*** Opening Raw data ***

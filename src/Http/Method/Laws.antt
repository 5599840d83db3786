-- ===== src/Http/Method/Laws.antt =====
-- Names and values of the enum correspond.
use lambda.Base.{◌≡◌, ◌↔◌, refl, arith, some, Bytes, equal_iff, codes}
use lambda.Dict.{find}
use lambda.Http.Method.{Method, method_to_string, table_method, string_to_method}

string_to_method-to_string : (m : Method) → string_to_method (method_to_string m) ≡ some m
unfolding string_to_method method_to_string
string_to_method-to_string Method.get = refl
string_to_method-to_string _ = refl

to_string-string_to_method :
    (name : Bytes) (m : Method) → string_to_method name ≡ some m → name ≡ method_to_string m
unfolding table_method find string_to_method method_to_string
to_string-string_to_method name m h = ground (
  arith,
  equal_iff name (codes "GET"),
  equal_iff name (codes "POST"),
  equal_iff name (codes "PUT"),
  equal_iff name (codes "PATCH"),
  equal_iff name (codes "DELETE"),
  equal_iff name (codes "HEAD"),
  equal_iff name (codes "OPTIONS"),
  equal_iff name (codes "TRACE"),
  equal_iff name (codes "CONNECT"),
)

-- A name is read as a method exactly when it is the name that the method is written with.
pub string_to_method_iff :
    (name : Bytes) (m : Method) → (string_to_method name ≡ some m) ↔ (name ≡ method_to_string m)
string_to_method_iff name m =
    (to_string-string_to_method name m, λ h. rw h (string_to_method-to_string m))
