-- ===== src/Http/Uri/Laws.antt =====
-- Percent encoding and decoding.
use lambda.Base.{
  ℕ, Bool, true, false, not, ◌&&◌, ◌||◌, [], ◌∷◌, ◌++◌, ◌≡◌, ◌∙◌, refl, arith, Bytes, IsBytes, All,
  All-append, ◌==◌, ==_iff, all_below, all_below_sound, Result, ok, err, ◌>>=◌,
}
use lambda.Http.Uri.{encode_rune, encode_uri_component, stoi_hex, decode_uri_component, push_front}

decode_plain :
    (c : ℕ) (cs : Bytes)
    → (c == b'%') ≡ false
    → decode_uri_component (c ∷ cs) ≡ push_front c (decode_uri_component cs)
unfolding decode_uri_component
decode_plain c [] h = rw h
decode_plain c (x ∷ []) h = rw h
decode_plain c (x ∷ y ∷ cs) h = rw h

abbrev is_value : ℕ → Result ℕ → Bool
is_value c (ok v) = v == c
is_value c (err e) = false

-- A text of one plain character, or of an escape, that stands for the character `c`.
stands_for : ℕ → Bytes → Bool
stands_for c (p ∷ []) = p == c && not (p == b'%')
stands_for c (p ∷ x ∷ y ∷ []) = p == b'%' && is_value c (stoi_hex (x ∷ y ∷ []))
stands_for c _ = false

stands_for_table : all_below 256 (λ c. stands_for c (encode_rune c)) ≡ true
unfolding all_below stands_for encode_rune stoi_hex
stands_for_table = refl

decode_percent :
    (p x y : ℕ) (rest : Bytes)
    → (p == b'%') ≡ true
    → decode_uri_component (p ∷ x ∷ y ∷ rest)
      ≡ (stoi_hex (x ∷ y ∷ []) >>= λ v. push_front v (decode_uri_component rest))
unfolding decode_uri_component
decode_percent p x y rest hp = rw hp

decode_escape :
    (c p x y : ℕ) (rest : Bytes)
    → (p == b'%') ≡ true
    → is_value c (stoi_hex (x ∷ y ∷ [])) ≡ true
    → decode_uri_component (p ∷ x ∷ y ∷ rest) ≡ push_front c (decode_uri_component rest)
decode_escape c p x y rest hp h = go (stoi_hex (x ∷ y ∷ [])) refl
  where
    go :
        (r : Result ℕ)
        → stoi_hex (x ∷ y ∷ []) ≡ r
        → decode_uri_component (p ∷ x ∷ y ∷ rest) ≡ push_front c (decode_uri_component rest)
    go (ok v) e =
        let same : v ≡ c = (==_iff v c).0 (rw e at h) in decode_percent p x y rest hp ∙ rw (e, same)
    go (err e') e = cc (h, e)

decode-stands_for :
    (c : ℕ) (text rest : Bytes)
    → stands_for c text ≡ true
    → decode_uri_component (text ++ rest) ≡ push_front c (decode_uri_component rest)
unfolding stands_for
decode-stands_for c [] rest h = cc
decode-stands_for c (p ∷ []) rest h =
    rw (← (==_iff p c).0 (ground arith)) (decode_plain p rest (ground arith))
decode-stands_for c (p ∷ x ∷ []) rest h = cc
decode-stands_for c (p ∷ x ∷ y ∷ []) rest h =
    decode_escape c p x y rest (ground arith) (ground arith)
decode-stands_for c (p ∷ x ∷ y ∷ z ∷ text) rest h = cc

-- Decoding what was encoded gives every byte string back.
pub decode-encode_uri_component :
    (s : Bytes) → IsBytes s → decode_uri_component (encode_uri_component s) ≡ ok s
unfolding encode_uri_component
decode-encode_uri_component [] h = unfold decode_uri_component in refl
decode-encode_uri_component (c ∷ s) h =
    decode-stands_for c (encode_rune c) (encode_uri_component s)
      (all_below_sound 256 _ c stands_for_table h.0)
    ∙ rw (decode-encode_uri_component s h.1)

-- The characters that delimit the parts of a URL and of a query.
abbrev pub is_delimiter : ℕ → Bool
is_delimiter c =
    c == b'&'
    || c == b'='
    || c == b'#'
    || c == b'?'
    || c == b'/'
    || c == b':'
    || c == b'@'
    || c == b' '

abbrev free : Bytes → Bool
free [] = true
free (c ∷ cs) = not (is_delimiter c) && free cs

free_table : all_below 256 (λ c. free (encode_rune c)) ≡ true
unfolding all_below encode_rune
free_table = refl

free-All : (s : Bytes) → free s ≡ true → All (λ c. is_delimiter c ≡ false) s
free-All [] h = tt
free-All (c ∷ s) h = (ground arith, free-All s (ground arith))

-- Encoded text holds no delimiter.
pub encode_uri_component-delimiter :
    (s : Bytes) → IsBytes s → All (λ c. is_delimiter c ≡ false) (encode_uri_component s)
unfolding encode_uri_component
encode_uri_component-delimiter [] h = tt
encode_uri_component-delimiter (c ∷ s) h =
    All-append (λ c. is_delimiter c ≡ false) (encode_rune c) (encode_uri_component s)
      (free-All (encode_rune c) (all_below_sound 256 _ c free_table h.0))
      (encode_uri_component-delimiter s h.1)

*** Closing Raw data ***

Using the data above, restate every record word for word.

filename src/Http/Method/Laws.antt
repository 5599840d83db3786
-- ===== src/Http/Method/Laws.antt =====
-- Names and values of the enum correspond.
use lambda.Base.{◌≡◌, ◌↔◌, refl, arith, some, Bytes, equal_iff, codes}
use lambda.Dict.{find}
use lambda.Http.Method.{Method, method_to_string, table_method, string_to_method}

string_to_method-to_string : (m : Method) → string_to_method (method_to_string m) ≡ some m
unfolding string_to_method method_to_string
string_to_method-to_string Method.get = refl
string_to_method-to_string _ = refl

to_string-string_to_method :
    (name : Bytes) (m : Method) → string_to_method name ≡ some m → name ≡ method_to_string m
unfolding table_method find string_to_method method_to_string
to_string-string_to_method name m h = ground (
  arith,
  equal_iff name (codes "GET"),
  equal_iff name (codes "POST"),
  equal_iff name (codes "PUT"),
  equal_iff name (codes "PATCH"),
  equal_iff name (codes "DELETE"),
  equal_iff name (codes "HEAD"),
  equal_iff name (codes "OPTIONS"),
  equal_iff name (codes "TRACE"),
  equal_iff name (codes "CONNECT"),
)

-- A name is read as a method exactly when it is the name that the method is written with.
pub string_to_method_iff :
    (name : Bytes) (m : Method) → (string_to_method name ≡ some m) ↔ (name ≡ method_to_string m)
string_to_method_iff name m =
    (to_string-string_to_method name m, λ h. rw h (string_to_method-to_string m))
-- ===== src/Http/Uri/Laws.antt =====
-- Percent encoding and decoding.
use lambda.Base.{
  ℕ, Bool, true, false, not, ◌&&◌, ◌||◌, [], ◌∷◌, ◌++◌, ◌≡◌, ◌∙◌, refl, arith, Bytes, IsBytes, All,
  All-append, ◌==◌, ==_iff, all_below, all_below_sound, Result, ok, err, ◌>>=◌,
}
use lambda.Http.Uri.{encode_rune, encode_uri_component, stoi_hex, decode_uri_component, push_front}

decode_plain :
    (c : ℕ) (cs : Bytes)
    → (c == b'%') ≡ false
    → decode_uri_component (c ∷ cs) ≡ push_front c (decode_uri_component cs)
unfolding decode_uri_component
decode_plain c [] h = rw h
decode_plain c (x ∷ []) h = rw h
decode_plain c (x ∷ y ∷ cs) h = rw h

abbrev is_value : ℕ → Result ℕ → Bool
is_value c (ok v) = v == c
is_value c (err e) = false

-- A text of one plain character, or of an escape, that stands for the character `c`.
stands_for : ℕ → Bytes → Bool
stands_for c (p ∷ []) = p == c && not (p == b'%')
stands_for c (p ∷ x ∷ y ∷ []) = p == b'%' && is_value c (stoi_hex (x ∷ y ∷ []))
stands_for c _ = false

stands_for_table : all_below 256 (λ c. stands_for c (encode_rune c)) ≡ true
unfolding all_below stands_for encode_rune stoi_hex
stands_for_table = refl

decode_percent :
    (p x y : ℕ) (rest : Bytes)
    → (p == b'%') ≡ true
    → decode_uri_component (p ∷ x ∷ y ∷ rest)
      ≡ (stoi_hex (x ∷ y ∷ []) >>= λ v. push_front v (decode_uri_component rest))
unfolding decode_uri_component
decode_percent p x y rest hp = rw hp

decode_escape :
    (c p x y : ℕ) (rest : Bytes)
    → (p == b'%') ≡ true
    → is_value c (stoi_hex (x ∷ y ∷ [])) ≡ true
    → decode_uri_component (p ∷ x ∷ y ∷ rest) ≡ push_front c (decode_uri_component rest)
decode_escape c p x y rest hp h = go (stoi_hex (x ∷ y ∷ [])) refl
  where
    go :
        (r : Result ℕ)
        → stoi_hex (x ∷ y ∷ []) ≡ r
        → decode_uri_component (p ∷ x ∷ y ∷ rest) ≡ push_front c (decode_uri_component rest)
    go (ok v) e =
        let same : v ≡ c = (==_iff v c).0 (rw e at h) in decode_percent p x y rest hp ∙ rw (e, same)
    go (err e') e = cc (h, e)

decode-stands_for :
    (c : ℕ) (text rest : Bytes)
    → stands_for c text ≡ true
    → decode_uri_component (text ++ rest) ≡ push_front c (decode_uri_component rest)
unfolding stands_for
decode-stands_for c [] rest h = cc
decode-stands_for c (p ∷ []) rest h =
    rw (← (==_iff p c).0 (ground arith)) (decode_plain p rest (ground arith))
decode-stands_for c (p ∷ x ∷ []) rest h = cc
decode-stands_for c (p ∷ x ∷ y ∷ []) rest h =
    decode_escape c p x y rest (ground arith) (ground arith)
decode-stands_for c (p ∷ x ∷ y ∷ z ∷ text) rest h = cc

-- Decoding what was encoded gives every byte string back.
pub decode-encode_uri_component :
    (s : Bytes) → IsBytes s → decode_uri_component (encode_uri_component s) ≡ ok s
unfolding encode_uri_component
decode-encode_uri_component [] h = unfold decode_uri_component in refl
decode-encode_uri_component (c ∷ s) h =
    decode-stands_for c (encode_rune c) (encode_uri_component s)
      (all_below_sound 256 _ c stands_for_table h.0)
    ∙ rw (decode-encode_uri_component s h.1)

-- The characters that delimit the parts of a URL and of a query.
abbrev pub is_delimiter : ℕ → Bool
is_delimiter c =
    c == b'&'
    || c == b'='
    || c == b'#'
    || c == b'?'
    || c == b'/'
    || c == b':'
    || c == b'@'
    || c == b' '

abbrev free : Bytes → Bool
free [] = true
free (c ∷ cs) = not (is_delimiter c) && free cs

free_table : all_below 256 (λ c. free (encode_rune c)) ≡ true
unfolding all_below encode_rune
free_table = refl

free-All : (s : Bytes) → free s ≡ true → All (λ c. is_delimiter c ≡ false) s
free-All [] h = tt
free-All (c ∷ s) h = (ground arith, free-All s (ground arith))

-- Encoded text holds no delimiter.
pub encode_uri_component-delimiter :
    (s : Bytes) → IsBytes s → All (λ c. is_delimiter c ≡ false) (encode_uri_component s)
unfolding encode_uri_component
encode_uri_component-delimiter [] h = tt
encode_uri_component-delimiter (c ∷ s) h =
    All-append (λ c. is_delimiter c ≡ false) (encode_rune c) (encode_uri_component s)
      (free-All (encode_rune c) (all_below_sound 256 _ c free_table h.0))
      (encode_uri_component-delimiter s h.1)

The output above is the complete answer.